Say how many lines in the entries contain "Bool", giving only the number.

Saved entries:

********

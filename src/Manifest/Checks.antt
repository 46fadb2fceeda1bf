-- ===== src/Manifest/Checks.antt =====
-- crates/chromifer-manifest/src/lib.rs: the checks that `Manifest::validate` is made of. A check
-- returns the errors that the source pushes, in the order in which it pushes them.
pub mod Laws
pub mod Ownership
use chromifer.Base.{
  ℕ, String, Bool, true, false, ◌&&◌, ◌||◌, not, List, [], ◌∷◌, ◌++◌, Option, none, some, leb, eqb,
  ◌==◌, string_eq, string_ord, option_eq, if◌then◌else◌, any, concat_map, is_some,
}
use Prim.Native.String.{len}
use chromifer.Base.Text.{is_blank, has_code, all_codes}
use chromifer.Base.Sets.{insert, member}
use chromifer.Manifest.Data.{
  CompatibilityGate, GateExecution, shell, direct, GateInput, Module, ModuleOwnership,
  SourceOwnership, OwnershipInclude, BoundaryReview, BoundaryEvidence,
}
use chromifer.Manifest.Errors.{
  ValidationError, duplicate_id, empty_field, invalid_gate_execution, invalid_gate_input_path,
  invalid_gate_input_digest, duplicate_gate_input, invalid_ownership_value, invalid_source_location,
}
use chromifer.Manifest.Path.{normalize_repo_relative_path}

-- `errors.push(error)` under a test
abbrev pub push_if : Bool → ValidationError → List ValidationError
push_if true e = e ∷ []
push_if false e = []

unfoldable pub check_nonempty : (kind id field value : String) → List ValidationError
check_nonempty kind id field value = push_if (is_blank value) (empty_field kind id field)

unfoldable pub check_source_location :
    (kind id file : String) (line : ℕ) (detail : String) → List ValidationError
check_source_location kind id file line detail =
    push_if (is_blank file || is_blank detail || eqb line 0)
      (invalid_source_location kind id file line)

-- The returned set, and the errors
unfoldable pub collect_ids :
    (kind : String) (found ids : List String) → List String × List ValidationError
collect_ids kind found [] = (found, [])
collect_ids kind found (id ∷ ids) =
    let (all_ids, errors) = collect_ids kind (insert id found) ids in
    (all_ids, push_if (member found id) (duplicate_id kind id) ++ errors)

-- The detail of an invalid execution definition
unfoldable pub execution_fault : GateExecution → Option String
execution_fault (shell command) =
    if is_blank command
    then some "shell command must not be empty"
    else if has_code 0 command
    then some "shell command must not contain NUL"
    else none
execution_fault (direct program args) =
    if is_blank program
    then some "program must not be empty"
    else if has_code 0 program
    then some "program must not contain NUL"
    else if any (has_code 0) args
    then some "arguments must not contain NUL"
    else none

unfoldable pub validate_gate_execution : CompatibilityGate → List ValidationError
unfolding execution_fault
validate_gate_execution gate = elim (execution_fault gate.execution) [
  | none ↦ []
  | some detail ↦ invalid_gate_execution gate.id detail ∷ []
]

-- `byte.is_ascii_digit() || (b'a'..=b'f').contains(&byte)`
unfoldable pub is_hex_byte : ℕ → Bool
is_hex_byte n = (leb b'0' n && leb n b'9') || (leb b'a' n && leb n b'f')

-- The test on a digest that does not push an error: 64 bytes, each a lower-case hexadecimal digit
unfoldable pub is_digest : String → Bool
unfolding is_hex_byte
is_digest value = eqb (len value) 64 && all_codes is_hex_byte value

-- The loop over `gate.inputs`, with the set `input_paths`
unfoldable pub check_inputs :
    (gate : String) (paths : List String) → List GateInput → List ValidationError
unfolding is_digest
check_inputs gate paths [] = []
check_inputs gate paths (input ∷ inputs) =
    push_if (not (normalize_repo_relative_path input.path == some input.path))
      (invalid_gate_input_path gate input.path)
    ++ (push_if (not (is_digest input.sha256))
          (invalid_gate_input_digest gate input.path input.sha256)
        ++ (push_if (member paths input.path) (duplicate_gate_input gate input.path)
            ++ check_inputs gate (insert input.path paths) inputs))

-- The loops of `check_ownership` over named lists of values
check_values : (owner : String) → List (String × List String) → List ValidationError
check_values owner [] = []
check_values owner ((field, values) ∷ rest) =
    push_if (any is_blank values) (invalid_ownership_value owner field) ++ check_values owner rest

check_includes : (owner field : String) → List OwnershipInclude → List ValidationError
check_includes owner field [] = []
check_includes owner field (i ∷ rest) =
    push_if (is_blank i.owner_file || is_blank i.include) (invalid_ownership_value owner field)
    ++ check_includes owner field rest

blank_stop : Option String → Bool
blank_stop none = false
blank_stop (some path) = is_blank path

source_values : SourceOwnership → List (String × List String)
source_values s =
    ("ownership.sources.primary_owners", s.primary_owners)
    ∷ ("ownership.sources.effective_owners", s.effective_owners)
    ∷ ("ownership.sources.owner_files", s.owner_files)
    ∷ []

check_source_ownership : (owner : String) → SourceOwnership → List ValidationError
check_source_ownership owner s =
    push_if (is_blank s.source) (invalid_ownership_value owner "ownership.sources.source")
    ++ (check_values owner (source_values s)
        ++ (check_includes owner "ownership.sources.unresolved_includes" s.unresolved_includes
            ++ push_if (blank_stop s.inheritance_stopped_at)
                (invalid_ownership_value owner "ownership.sources.inheritance_stopped_at")))

ownership_values : ModuleOwnership → List (String × List String)
ownership_values o =
    ("ownership.primary_owners", o.primary_owners)
    ∷ ("ownership.effective_owners", o.effective_owners)
    ∷ ("ownership.common_effective_owners", o.common_effective_owners)
    ∷ ("ownership.owner_files", o.owner_files)
    ∷ ("ownership.unresolved_sources", o.unresolved_sources)
    ∷ []

unfoldable pub check_ownership : (owner : String) → ModuleOwnership → List ValidationError
unfolding check_values check_includes blank_stop source_values check_source_ownership
    ownership_values
check_ownership owner o =
    check_values owner (ownership_values o)
    ++ (check_includes owner "ownership.unresolved_includes" o.unresolved_includes
        ++ concat_map (check_source_ownership owner) o.sources)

********

▸ Solution to this task:
5